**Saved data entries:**
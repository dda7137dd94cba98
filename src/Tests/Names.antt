-- ===== src/Tests/Names.antt =====
-- The base DN, the names, the entries and what is visible.
use nano_ldap.Prelude.{
  ℕ, ◌≡◌, ◌≢◌, refl, Bool, true, false, List, [], ◌∷◌, ◌++◌, ok, err, arith, none, some, map, keep,
  ◌↔◌, ◌⊎◌, if◌then◌else◌,
}
use nano_ldap.Text.{
  Bytes, codes, beq, to_lower, lower, trim_space, equal_fold, join, split, cut, trim_left,
  trim_right, is_space,
}
use nano_ldap.Assoc.{get, Distinct}
use nano_ldap.Directory.{BaseDnError, normalize_base_dn, normalize_part, Settings, set_base_dn}
use nano_ldap.Directory.Normal.{
  IsNormal, HoldsNormal, IsNormal-normalize_base_dn, normalize_base_dn_idem,
  set_base_dn-HoldsNormal,
}
use nano_ldap.Dn.{
  normalize_dn, user_dn, legacy_user_dn, dn_within_scope, scope_single, scope_subtree,
  username_from_dn,
}
use nano_ldap.Dn.Normalize.{normalize_dn_idem}
use nano_ldap.Dn.Scope.{
  IsUnder, dn_within_scope-subtree_iff, dn_within_scope-single_subtree,
  dn_within_scope-normalize_dn,
}
use nano_ldap.Dn.Username.{IsPlain, Names, username_from_dn-user_dn, username_from_dn_sound}
use nano_ldap.Entry.{
  root_dse, user_entry, group_entry, selected_attributes, is_member_of, dc_components,
}
use nano_ldap.Entry.Selection.{selects, get-selected_attributes}
use nano_ldap.Entry.Domain.{dc_components-IsNormal}
use nano_ldap.Visible.{admin_names, containers, visible_entries, is_in, group_name, user_name}
use nano_ldap.Visible.Access.{visible_entries_admin, visible_entries_other}
use nano_ldap.Tests.Data.{base_dn, admin, user, guest, users_group, admins_group}

abbrev spaced : Bytes
spaced = codes " DC = example , dc=com"

spaced_normal : normalize_base_dn spaced ≡ ok base_dn
unfolding normalize_base_dn normalize_part split join cut trim_space trim_left trim_right is_space
    equal_fold beq to_lower lower
spaced_normal = refl

IsNormal-normalize_base_dn_run : IsNormal base_dn
IsNormal-normalize_base_dn_run = IsNormal-normalize_base_dn spaced base_dn spaced_normal

base_dn_again : normalize_base_dn base_dn ≡ ok base_dn
base_dn_again = normalize_base_dn_idem spaced base_dn spaced_normal

abbrev settings : Settings
settings = record { base_dn = base_dn }

set_base_dn-HoldsNormal_run :
    HoldsNormal (set_base_dn settings (codes "cn=x")).0
    × ((normalize_base_dn (codes "cn=x") ≡ ok (set_base_dn settings (codes "cn=x")).0.base_dn)
        ⊎ ((set_base_dn settings (codes "cn=x")).0 ≡ settings))
set_base_dn-HoldsNormal_run =
    set_base_dn-HoldsNormal settings (codes "cn=x")
      (normalize_base_dn_idem spaced base_dn spaced_normal)

dc_components-IsNormal_run : dc_components base_dn ≡ codes "example" ∷ codes "com" ∷ []
dc_components-IsNormal_run = dc_components-IsNormal base_dn (record {
  first = codes "example";
  others = codes "com" ∷ [];
  are_components = parts;
  shape = unfold join in refl;
})
  where
    parts :
        nano_ldap.Prelude.All nano_ldap.Directory.Components.IsComponent
          (codes "example" ∷ codes "com" ∷ [])
    parts = (
      record {
        is_trimmed = unfold trim_space trim_left trim_right is_space in refl;
        ne_nil = λ e. cc;
        no_comma = refl;
      },
      (
        record {
          is_trimmed = unfold trim_space trim_left trim_right is_space in refl;
          ne_nil = λ e. cc;
          no_comma = refl;
        },
        tt,
      ),
    )

spaced_again : normalize_dn (normalize_dn spaced) ≡ normalize_dn spaced
spaced_again = normalize_dn_idem spaced

user_IsPlain : IsPlain (codes "user")
unfolding to_lower lower trim_space trim_left trim_right is_space
user_IsPlain = record { is_lower = refl; is_trimmed = refl; ne_nil = λ e. cc; no_comma = refl }

username_from_dn-user_dn_example :
    (username_from_dn base_dn (user_dn base_dn (codes "user")) ≡ some (codes "user"))
    × (username_from_dn base_dn (legacy_user_dn base_dn (codes "user")) ≡ some (codes "user"))
username_from_dn-user_dn_example = username_from_dn-user_dn base_dn (codes "user") user_IsPlain

username_from_dn_sound_example : Names base_dn (user_dn base_dn (codes "user")) (codes "user")
username_from_dn_sound_example =
    username_from_dn_sound base_dn (user_dn base_dn (codes "user")) (codes "user")
      (username_from_dn-user_dn base_dn (codes "user") user_IsPlain).0

dn_within_scope-subtree_iff_run :
    (dn_within_scope (codes "dc=com") scope_subtree base_dn ≡ true)
    ↔ IsUnder (normalize_dn (codes "dc=com")) (normalize_dn base_dn)
dn_within_scope-subtree_iff_run = dn_within_scope-subtree_iff (codes "dc=com") base_dn

below_com : dn_within_scope (codes "dc=com") scope_single base_dn ≡ true
unfolding dn_within_scope split join trim_space trim_left trim_right is_space to_lower lower cut beq
below_com = refl

com_ne_nil : normalize_dn (codes "dc=com") ≢ []
unfolding normalize_dn split join trim_space trim_left trim_right is_space to_lower lower
com_ne_nil e = cc

dn_within_scope-single_subtree_run : dn_within_scope (codes "dc=com") scope_subtree base_dn ≡ true
dn_within_scope-single_subtree_run =
    dn_within_scope-single_subtree (codes "dc=com") base_dn com_ne_nil below_com

same_in_any_case :
    dn_within_scope (normalize_dn (codes "DC=com")) scope_subtree (normalize_dn spaced)
    ≡ dn_within_scope (codes "DC=com") scope_subtree spaced
same_in_any_case = dn_within_scope-normalize_dn (codes "DC=com") scope_subtree spaced

user_Distinct : Distinct (user_entry base_dn user).attrs
unfolding get beq
user_Distinct = (refl, (refl, (refl, (refl, (refl, (refl, tt))))))

get-selected_attributes_example :
    get (codes "uid") (selected_attributes (user_entry base_dn user) (codes "UID" ∷ [])) ≡ (
      if selects (user_entry base_dn user) (codes "UID" ∷ []) (codes "uid")
      then get (codes "uid") (user_entry base_dn user).attrs
      else none)
get-selected_attributes_example =
    get-selected_attributes (user_entry base_dn user) (codes "UID" ∷ []) (codes "uid") user_Distinct

-- A search of the Root DSE with `*` alone leaves out the operational `namingContexts`; with `ALL` and
-- with `*` and `+` it does not.
naming_contexts_star :
    get (codes "namingcontexts") (selected_attributes (root_dse base_dn) (codes "*" ∷ [])) ≡ none
unfolding selected_attributes get beq nano_ldap.Entry.select_requested
    nano_ldap.Entry.requests_all_user to_lower trim_space trim_right trim_left is_space lower
    nano_ldap.Entry.requests_all_operational nano_ldap.Entry.select_where
    nano_ldap.Entry.is_operational nano_ldap.Assoc.put nano_ldap.Entry.select_named
naming_contexts_star = refl

naming_contexts_all :
    (get (codes "namingcontexts") (selected_attributes (root_dse base_dn) (codes "ALL" ∷ []))
      ≡ some (base_dn ∷ []))
    × (get
          (codes "namingcontexts")
          (selected_attributes (root_dse base_dn) (codes "*" ∷ codes "+" ∷ []))
        ≡ some (base_dn ∷ []))
unfolding selected_attributes get beq nano_ldap.Entry.select_requested
    nano_ldap.Entry.requests_all_user to_lower trim_space trim_right trim_left is_space lower
    nano_ldap.Entry.requests_all_operational
naming_contexts_all = (refl, refl)

admin_is_admin : is_member_of admin admin_names ≡ true
unfolding is_member_of equal_fold beq to_lower lower
admin_is_admin = refl

user_is_other : is_member_of user admin_names ≡ false
unfolding is_member_of equal_fold beq to_lower lower
user_is_other = refl

visible_entries_admin_run :
    visible_entries admin base_dn (user ∷ []) (users_group ∷ [])
    ≡ containers base_dn
      ++ (map (user_entry base_dn) (user ∷ []) ++ map (group_entry base_dn) (users_group ∷ []))
visible_entries_admin_run =
    visible_entries_admin admin base_dn (user ∷ []) (users_group ∷ []) admin_is_admin

visible_entries_other_run :
    visible_entries user base_dn (user ∷ guest ∷ []) (users_group ∷ admins_group ∷ [])
    ≡ containers base_dn
      ++ (map
            (user_entry base_dn)
            (keep (λ candidate. beq user.username (user_name candidate)) (user ∷ guest ∷ []))
          ++ map (group_entry base_dn) (
              keep
                (λ group. is_in (map group_name user.groups) (group_name group))
                (users_group ∷ admins_group ∷ [])))
visible_entries_other_run =
    visible_entries_other user base_dn (user ∷ guest ∷ []) (users_group ∷ admins_group ∷ [])
      user_is_other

**WHAT IS BEING ASKED:**
Above are the records; copy exactly the lines from the line with "IsUnder (normalize_dn (codes" through the line with "same_in_any_case = dn_within_scope-normalize_dn", both included.

**REPLY:**
    ↔ IsUnder (normalize_dn (codes "dc=com")) (normalize_dn base_dn)
dn_within_scope-subtree_iff_run = dn_within_scope-subtree_iff (codes "dc=com") base_dn

below_com : dn_within_scope (codes "dc=com") scope_single base_dn ≡ true
unfolding dn_within_scope split join trim_space trim_left trim_right is_space to_lower lower cut beq
below_com = refl

com_ne_nil : normalize_dn (codes "dc=com") ≢ []
unfolding normalize_dn split join trim_space trim_left trim_right is_space to_lower lower
com_ne_nil e = cc

dn_within_scope-single_subtree_run : dn_within_scope (codes "dc=com") scope_subtree base_dn ≡ true
dn_within_scope-single_subtree_run =
    dn_within_scope-single_subtree (codes "dc=com") base_dn com_ne_nil below_com

same_in_any_case :
    dn_within_scope (normalize_dn (codes "DC=com")) scope_subtree (normalize_dn spaced)
    ≡ dn_within_scope (codes "DC=com") scope_subtree spaced
same_in_any_case = dn_within_scope-normalize_dn (codes "DC=com") scope_subtree spaced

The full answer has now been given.